▶ Problem details
Across the records below, report how many lines include the word "returned", stating the number alone.
====== Data ======
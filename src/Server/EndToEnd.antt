-- ===== src/Server/EndToEnd.antt =====
-- From the text of a configuration file and the bytes of a request to the buffers of the answer.
use mathlib.Core.List.{Perm, Forall₂}
use cs_3_boost_echo_static_s.Base.{
  ℕ, suc, ◌⊎◌, ◌≡◌, ◌↔◌, refl, ◌∙◌, true, Option, some, List, [], ◌∷◌, ◌++◌, Bytes, codes, equal,
  length,
}
use cs_3_boost_echo_static_s.Base.Dict.{Dict, lookup, assign, index}
use cs_3_boost_echo_static_s.Base.Int.{ℤ}
use cs_3_boost_echo_static_s.Base.Numbers.{stoi}
use cs_3_boost_echo_static_s.Base.Search.{find}
use cs_3_boost_echo_static_s.Config.Print.{config_to_string}
use cs_3_boost_echo_static_s.Config.Printable.{IsPrintable}
use cs_3_boost_echo_static_s.Handlers.{handle_echo}
use cs_3_boost_echo_static_s.Http.{HttpRequest, empty_response}
use cs_3_boost_echo_static_s.RequestParser.Interface.{request_parser}
use cs_3_boost_echo_static_s.RequestParser.Grammar.{RequestText, IsRequest, write_request}
use cs_3_boost_echo_static_s.Response.{Buffer, to_buffers}
use cs_3_boost_echo_static_s.Response.Wire.{gather, gather-to_buffers}
use cs_3_boost_echo_static_s.Server.Config.{endpoint_port}
use cs_3_boost_echo_static_s.Server.Config.Leaks.{Handler, server_config, accumulate}
use cs_3_boost_echo_static_s.Config.Interface.{serving, nginx_config_parser}
use cs_3_boost_echo_static_s.Server.Main.{start}
use cs_3_boost_echo_static_s.Config.{NginxConfig}
use cs_3_boost_echo_static_s.Config.Parser.{returned}
use cs_3_boost_echo_static_s.Config.Reader.{read_file}
use cs_3_boost_echo_static_s.Config.Scanner.{lexemes}
use cs_3_boost_echo_static_s.Server.Main.Described.{
  port_number, maps_of, start-described, described-serving,
}
use cs_3_boost_echo_static_s.Server.Main.Serving.{start-server_config}
use cs_3_boost_echo_static_s.Server.Routes.{Route, Represents, Answers}
use cs_3_boost_echo_static_s.Server.Routes.Refines.{session-Answers}
use cs_3_boost_echo_static_s.RequestParser.Uri.{uri_of}
use cs_3_boost_echo_static_s.Server.Accept.{ServerState, Reaches, Reaches-IsAccounted}
use cs_3_boost_echo_static_s.Server.Connections.{Serves, ended-Serves}
use cs_3_boost_echo_static_s.Server.Session.{Received, dangling, session}
use cs_3_boost_echo_static_s.Server.Session.Answers.{received}
use cs_3_boost_echo_static_s.Server.Session.Maps.{path_of, handler_of}
use cs_3_boost_echo_static_s.Server.Session.Sent.{session-echo}

-- `handler echo { path p; }`
abbrev pub echo_at : Bytes → Handler
echo_at path = record { name = codes "echo"; pairs = (codes "path", path) ∷ [] }

abbrev echo_map : Bytes → Dict
echo_map path = (codes "handler", codes "echo") ∷ (codes "path", path) ∷ []

accumulate-echo_at : (path : Bytes) → accumulate (echo_at path ∷ []) [] ≡ echo_map path ∷ []
unfolding assign equal
accumulate-echo_at path = refl

path_of-echo_map : (path : Bytes) → path_of (echo_map path) ≡ path
unfolding index lookup equal
path_of-echo_map path = refl

echo_map-echo : (path : Bytes) → equal (handler_of (echo_map path)) (codes "echo") ≡ true
unfolding index lookup equal
echo_map-echo path = refl

-- The answer of the echo handler, as it goes over the wire.
abbrev pub echo_answer : (ℕ → Bytes) → Bytes → Bytes
echo_answer lexical_cast input =
    codes "HTTP/1.0 200 OK\r\nContent-Length: "
    ++ (lexical_cast (length input) ++ (codes "\r\nContent-Type: text/plain\r\n\r\n" ++ input))

gather-handle_echo :
    (lexical_cast : ℕ → Bytes) (request : HttpRequest)
    → gather (to_buffers (handle_echo lexical_cast request empty_response).0)
      ≡ echo_answer lexical_cast request.raw_request
unfolding handle_echo
gather-handle_echo lexical_cast request = gather-to_buffers _

module _ (lexical_cast : ℕ → Bytes) (open_file : Bytes → Option Bytes) where
  -- A server is started with the file that `ToString` writes for a port that is a number and for
  -- one echo handler, if that can be printed, and reads, with no error, a well-formed request whose
  -- URI holds the path of the handler, and whatever follows it. It listens on that port, and gives
  -- `write` buffers that showed, when they were made, a response with status 200 and with all the bytes
  -- that were read for its body, but some of whose storage is gone, so that the write is undefined.
  pub echo_end_to_end :
      (program name number path : Bytes) (n : ℤ) (t : RequestText) (rest : Bytes) (position : ℕ)
      → IsPrintable (server_config number (echo_at path ∷ []))
      → stoi number ≡ some n
      → open_file name ≡ some (config_to_string (server_config number (echo_at path ∷ [])) 0)
      → IsRequest t
      → find path t.uri ≡ some position
      → (handlers : List Dict) × (buffers : List Buffer) × (start nginx_config_parser open_file
            (program ∷ name ∷ [])
          ≡ serving (endpoint_port n, handlers))
        × (session lexical_cast open_file request_parser handlers (received (write_request t rest))
            ≡ dangling buffers)
        × (gather buffers ≡ echo_answer lexical_cast (write_request t rest))
  echo_end_to_end program name number path n t rest position p s o request found = (
    echo_map path ∷ [],
    _,
    start-server_config nginx_config_parser open_file program name number n (echo_at path ∷ []) p s
          o
        ∙ rw (accumulate-echo_at path) refl,
    session-echo request_parser lexical_cast open_file t rest request [] [] (echo_map path) position
        tt (rw (path_of-echo_map path) found) (echo_map-echo path),
    gather-handle_echo lexical_cast _,
  )

  -- A server is started with the file that `ToString` writes for a port that is a number and for
  -- handlers, if that can be printed and the maps made of the handlers stand for routes. It listens on
  -- that port; and whatever it reads, with no error, it gives `write` buffers of which some show storage
  -- that is gone, so that the write is undefined; when they were made, these buffers showed the bytes that
  -- the routes give for the URI that stands in the bytes read, and no other bytes would do.
  pub server_end_to_end :
      (program name number : Bytes) (n : ℤ) (hs : List Handler) (routes : List Route)
      (input : Bytes)
      → IsPrintable (server_config number hs)
      → stoi number ≡ some n
      → open_file name ≡ some (config_to_string (server_config number hs) 0)
      → Represents (accumulate hs []) routes
      → (handlers : List Dict) × (start nginx_config_parser open_file (program ∷ name ∷ [])
          ≡ serving (endpoint_port n, handlers))
        × (buffers : List Buffer) × (session lexical_cast open_file request_parser handlers
              (received input)
            ≡ dangling buffers)
        × ((wire : Bytes)
            → Answers lexical_cast open_file routes (uri_of input) input wire
              ↔ (wire ≡ gather buffers))
  server_end_to_end program name number n hs routes input p s o h =
      let (buffers, e, w) =
        session-Answers lexical_cast open_file request_parser (accumulate hs []) routes input h in
      (
        accumulate hs [],
        start-server_config nginx_config_parser open_file program name number n hs p s o,
        buffers,
        e,
        w,
      )

  -- A server is started with any file that the description of the parser accepts, if each of its handlers
  -- has a block and the maps made of them stand for routes. It listens on the port that the file gives.
  -- In every state that is reached, in whatever order connections come, threads end, and `accept` or a new
  -- thread fails, the accepted connections are those that are finished, those whose threads run, and those
  -- that are lost, of which there are none unless the program has stopped; and the ends of the threads are
  -- one for each finished connection, each what the routes owe to it: buffers that showed the answer for
  -- the URI in the bytes read, but whose storage is gone when `write` reads it; nothing if the peer had
  -- closed the connection; or an exception that is caught if the read failed otherwise.
  pub server_connections :
      (program name input : Bytes) (c : NginxConfig) (handlers : List Dict) (routes : List Route)
      (s : ServerState (session lexical_cast open_file request_parser handlers))
      → open_file name ≡ some input
      → read_file (lexemes (suc (length input)) input) ≡ returned true c
      → maps_of c ≡ some handlers
      → Represents handlers routes
      → Reaches (session lexical_cast open_file request_parser handlers) s
      → (start nginx_config_parser open_file (program ∷ name ∷ [])
          ≡ serving (endpoint_port (port_number c), handlers))
        × (finished : List Received) × (lost : List Received) × Perm
            (finished ++ (s.running ++ lost))
            s.accepted
        × ((s.stopped ≡ true) ⊎ (lost ≡ []))
        × Forall₂ (Serves lexical_cast open_file routes) finished s.ended
  server_connections program name input c handlers routes s o p m h reached =
      let i =
        Reaches-IsAccounted (session lexical_cast open_file request_parser handlers) reached in
      (
        (start-described open_file (program ∷ name ∷ [])).0
            ∙ described-serving open_file program name input c handlers o p m,
        i.finished,
        i.lost,
        i.parts,
        i.none_lost,
        ended-Serves lexical_cast open_file request_parser handlers routes h i,
      )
======
▶ Solution to this problem
2